Stored data:
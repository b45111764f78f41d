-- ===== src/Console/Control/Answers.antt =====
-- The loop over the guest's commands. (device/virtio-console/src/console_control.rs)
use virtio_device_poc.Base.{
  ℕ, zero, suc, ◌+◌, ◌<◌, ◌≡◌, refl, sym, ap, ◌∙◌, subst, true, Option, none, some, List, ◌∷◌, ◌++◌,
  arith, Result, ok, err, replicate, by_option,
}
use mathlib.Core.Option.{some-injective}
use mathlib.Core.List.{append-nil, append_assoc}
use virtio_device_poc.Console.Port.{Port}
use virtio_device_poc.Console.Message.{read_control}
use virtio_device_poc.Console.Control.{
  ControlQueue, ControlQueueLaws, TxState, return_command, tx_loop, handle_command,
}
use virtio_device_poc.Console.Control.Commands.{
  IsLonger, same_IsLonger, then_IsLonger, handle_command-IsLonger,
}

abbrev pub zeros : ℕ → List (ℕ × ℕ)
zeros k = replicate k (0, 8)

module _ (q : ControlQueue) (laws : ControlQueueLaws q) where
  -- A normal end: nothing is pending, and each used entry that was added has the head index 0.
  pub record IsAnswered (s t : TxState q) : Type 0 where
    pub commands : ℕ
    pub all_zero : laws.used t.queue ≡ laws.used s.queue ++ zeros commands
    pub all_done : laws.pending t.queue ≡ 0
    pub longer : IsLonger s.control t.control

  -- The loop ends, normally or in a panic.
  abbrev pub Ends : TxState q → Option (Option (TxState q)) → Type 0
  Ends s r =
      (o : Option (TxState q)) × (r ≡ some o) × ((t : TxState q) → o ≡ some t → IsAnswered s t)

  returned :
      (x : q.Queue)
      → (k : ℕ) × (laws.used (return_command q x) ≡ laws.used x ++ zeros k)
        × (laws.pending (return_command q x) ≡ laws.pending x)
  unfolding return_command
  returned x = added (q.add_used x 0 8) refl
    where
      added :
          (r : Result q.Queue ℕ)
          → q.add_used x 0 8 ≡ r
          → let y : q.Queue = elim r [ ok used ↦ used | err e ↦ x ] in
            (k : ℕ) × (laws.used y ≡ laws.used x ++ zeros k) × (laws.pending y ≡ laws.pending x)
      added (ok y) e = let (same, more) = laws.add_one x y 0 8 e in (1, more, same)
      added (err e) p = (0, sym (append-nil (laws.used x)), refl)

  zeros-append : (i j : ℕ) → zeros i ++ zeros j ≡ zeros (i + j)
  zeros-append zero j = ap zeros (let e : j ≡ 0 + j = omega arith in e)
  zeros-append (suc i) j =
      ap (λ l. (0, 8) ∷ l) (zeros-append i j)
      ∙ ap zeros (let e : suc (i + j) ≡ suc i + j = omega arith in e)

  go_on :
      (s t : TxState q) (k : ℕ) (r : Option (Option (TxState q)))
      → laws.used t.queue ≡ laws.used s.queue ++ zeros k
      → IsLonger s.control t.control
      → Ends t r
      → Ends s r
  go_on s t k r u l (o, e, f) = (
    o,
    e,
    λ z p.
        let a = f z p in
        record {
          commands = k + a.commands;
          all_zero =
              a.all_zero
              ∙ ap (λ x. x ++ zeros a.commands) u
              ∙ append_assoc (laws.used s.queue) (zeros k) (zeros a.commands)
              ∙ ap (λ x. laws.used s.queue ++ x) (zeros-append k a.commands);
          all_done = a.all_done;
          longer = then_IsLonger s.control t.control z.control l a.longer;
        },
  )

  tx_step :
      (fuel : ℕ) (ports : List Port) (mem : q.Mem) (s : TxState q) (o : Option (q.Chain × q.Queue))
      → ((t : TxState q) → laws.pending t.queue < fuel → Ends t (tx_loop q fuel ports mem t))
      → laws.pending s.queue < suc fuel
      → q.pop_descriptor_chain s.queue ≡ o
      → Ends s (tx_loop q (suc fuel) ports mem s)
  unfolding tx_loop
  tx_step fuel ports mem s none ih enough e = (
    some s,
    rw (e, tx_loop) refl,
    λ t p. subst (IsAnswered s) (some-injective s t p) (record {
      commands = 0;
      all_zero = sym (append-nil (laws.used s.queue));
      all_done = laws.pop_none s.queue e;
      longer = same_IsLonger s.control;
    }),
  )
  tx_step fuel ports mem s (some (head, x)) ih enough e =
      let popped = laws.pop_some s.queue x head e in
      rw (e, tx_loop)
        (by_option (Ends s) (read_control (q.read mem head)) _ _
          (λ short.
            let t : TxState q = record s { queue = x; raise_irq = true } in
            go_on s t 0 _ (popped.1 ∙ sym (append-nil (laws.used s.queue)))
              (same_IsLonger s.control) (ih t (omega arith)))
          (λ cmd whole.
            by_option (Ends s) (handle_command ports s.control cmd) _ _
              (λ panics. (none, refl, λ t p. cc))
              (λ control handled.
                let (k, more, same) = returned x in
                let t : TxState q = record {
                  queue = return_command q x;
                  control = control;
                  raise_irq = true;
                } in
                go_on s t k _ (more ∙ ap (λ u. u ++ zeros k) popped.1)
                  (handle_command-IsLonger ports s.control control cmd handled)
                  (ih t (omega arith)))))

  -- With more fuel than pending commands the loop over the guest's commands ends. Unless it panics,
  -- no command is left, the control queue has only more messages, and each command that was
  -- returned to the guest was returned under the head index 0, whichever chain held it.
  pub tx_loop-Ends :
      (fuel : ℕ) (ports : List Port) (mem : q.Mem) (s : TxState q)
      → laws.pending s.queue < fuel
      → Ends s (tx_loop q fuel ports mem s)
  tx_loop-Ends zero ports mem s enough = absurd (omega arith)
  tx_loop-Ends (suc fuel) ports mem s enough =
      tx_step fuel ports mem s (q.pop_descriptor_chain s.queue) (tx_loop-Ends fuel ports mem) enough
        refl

Exercise: The data should be printed again exactly, line for line.

Response area:
repository b45111764f78f41d
-- ===== src/Console/Control/Answers.antt =====
-- The loop over the guest's commands. (device/virtio-console/src/console_control.rs)
use virtio_device_poc.Base.{
  ℕ, zero, suc, ◌+◌, ◌<◌, ◌≡◌, refl, sym, ap, ◌∙◌, subst, true, Option, none, some, List, ◌∷◌, ◌++◌,
  arith, Result, ok, err, replicate, by_option,
}
use mathlib.Core.Option.{some-injective}
use mathlib.Core.List.{append-nil, append_assoc}
use virtio_device_poc.Console.Port.{Port}
use virtio_device_poc.Console.Message.{read_control}
use virtio_device_poc.Console.Control.{
  ControlQueue, ControlQueueLaws, TxState, return_command, tx_loop, handle_command,
}
use virtio_device_poc.Console.Control.Commands.{
  IsLonger, same_IsLonger, then_IsLonger, handle_command-IsLonger,
}

abbrev pub zeros : ℕ → List (ℕ × ℕ)
zeros k = replicate k (0, 8)

module _ (q : ControlQueue) (laws : ControlQueueLaws q) where
  -- A normal end: nothing is pending, and each used entry that was added has the head index 0.
  pub record IsAnswered (s t : TxState q) : Type 0 where
    pub commands : ℕ
    pub all_zero : laws.used t.queue ≡ laws.used s.queue ++ zeros commands
    pub all_done : laws.pending t.queue ≡ 0
    pub longer : IsLonger s.control t.control

  -- The loop ends, normally or in a panic.
  abbrev pub Ends : TxState q → Option (Option (TxState q)) → Type 0
  Ends s r =
      (o : Option (TxState q)) × (r ≡ some o) × ((t : TxState q) → o ≡ some t → IsAnswered s t)

  returned :
      (x : q.Queue)
      → (k : ℕ) × (laws.used (return_command q x) ≡ laws.used x ++ zeros k)
        × (laws.pending (return_command q x) ≡ laws.pending x)
  unfolding return_command
  returned x = added (q.add_used x 0 8) refl
    where
      added :
          (r : Result q.Queue ℕ)
          → q.add_used x 0 8 ≡ r
          → let y : q.Queue = elim r [ ok used ↦ used | err e ↦ x ] in
            (k : ℕ) × (laws.used y ≡ laws.used x ++ zeros k) × (laws.pending y ≡ laws.pending x)
      added (ok y) e = let (same, more) = laws.add_one x y 0 8 e in (1, more, same)
      added (err e) p = (0, sym (append-nil (laws.used x)), refl)

  zeros-append : (i j : ℕ) → zeros i ++ zeros j ≡ zeros (i + j)
  zeros-append zero j = ap zeros (let e : j ≡ 0 + j = omega arith in e)
  zeros-append (suc i) j =
      ap (λ l. (0, 8) ∷ l) (zeros-append i j)
      ∙ ap zeros (let e : suc (i + j) ≡ suc i + j = omega arith in e)

  go_on :
      (s t : TxState q) (k : ℕ) (r : Option (Option (TxState q)))
      → laws.used t.queue ≡ laws.used s.queue ++ zeros k
      → IsLonger s.control t.control
      → Ends t r
      → Ends s r
  go_on s t k r u l (o, e, f) = (
    o,
    e,
    λ z p.
        let a = f z p in
        record {
          commands = k + a.commands;
          all_zero =
              a.all_zero
              ∙ ap (λ x. x ++ zeros a.commands) u
              ∙ append_assoc (laws.used s.queue) (zeros k) (zeros a.commands)
              ∙ ap (λ x. laws.used s.queue ++ x) (zeros-append k a.commands);
          all_done = a.all_done;
          longer = then_IsLonger s.control t.control z.control l a.longer;
        },
  )

  tx_step :
      (fuel : ℕ) (ports : List Port) (mem : q.Mem) (s : TxState q) (o : Option (q.Chain × q.Queue))
      → ((t : TxState q) → laws.pending t.queue < fuel → Ends t (tx_loop q fuel ports mem t))
      → laws.pending s.queue < suc fuel
      → q.pop_descriptor_chain s.queue ≡ o
      → Ends s (tx_loop q (suc fuel) ports mem s)
  unfolding tx_loop
  tx_step fuel ports mem s none ih enough e = (
    some s,
    rw (e, tx_loop) refl,
    λ t p. subst (IsAnswered s) (some-injective s t p) (record {
      commands = 0;
      all_zero = sym (append-nil (laws.used s.queue));
      all_done = laws.pop_none s.queue e;
      longer = same_IsLonger s.control;
    }),
  )
  tx_step fuel ports mem s (some (head, x)) ih enough e =
      let popped = laws.pop_some s.queue x head e in
      rw (e, tx_loop)
        (by_option (Ends s) (read_control (q.read mem head)) _ _
          (λ short.
            let t : TxState q = record s { queue = x; raise_irq = true } in
            go_on s t 0 _ (popped.1 ∙ sym (append-nil (laws.used s.queue)))
              (same_IsLonger s.control) (ih t (omega arith)))
          (λ cmd whole.
            by_option (Ends s) (handle_command ports s.control cmd) _ _
              (λ panics. (none, refl, λ t p. cc))
              (λ control handled.
                let (k, more, same) = returned x in
                let t : TxState q = record {
                  queue = return_command q x;
                  control = control;
                  raise_irq = true;
                } in
                go_on s t k _ (more ∙ ap (λ u. u ++ zeros k) popped.1)
                  (handle_command-IsLonger ports s.control control cmd handled)
                  (ih t (omega arith)))))

  -- With more fuel than pending commands the loop over the guest's commands ends. Unless it panics,
  -- no command is left, the control queue has only more messages, and each command that was
  -- returned to the guest was returned under the head index 0, whichever chain held it.
  pub tx_loop-Ends :
      (fuel : ℕ) (ports : List Port) (mem : q.Mem) (s : TxState q)
      → laws.pending s.queue < fuel
      → Ends s (tx_loop q fuel ports mem s)
  tx_loop-Ends zero ports mem s enough = absurd (omega arith)
  tx_loop-Ends (suc fuel) ports mem s enough =
      tx_step fuel ports mem s (q.pop_descriptor_chain s.queue) (tx_loop-Ends fuel ports mem) enough
        refl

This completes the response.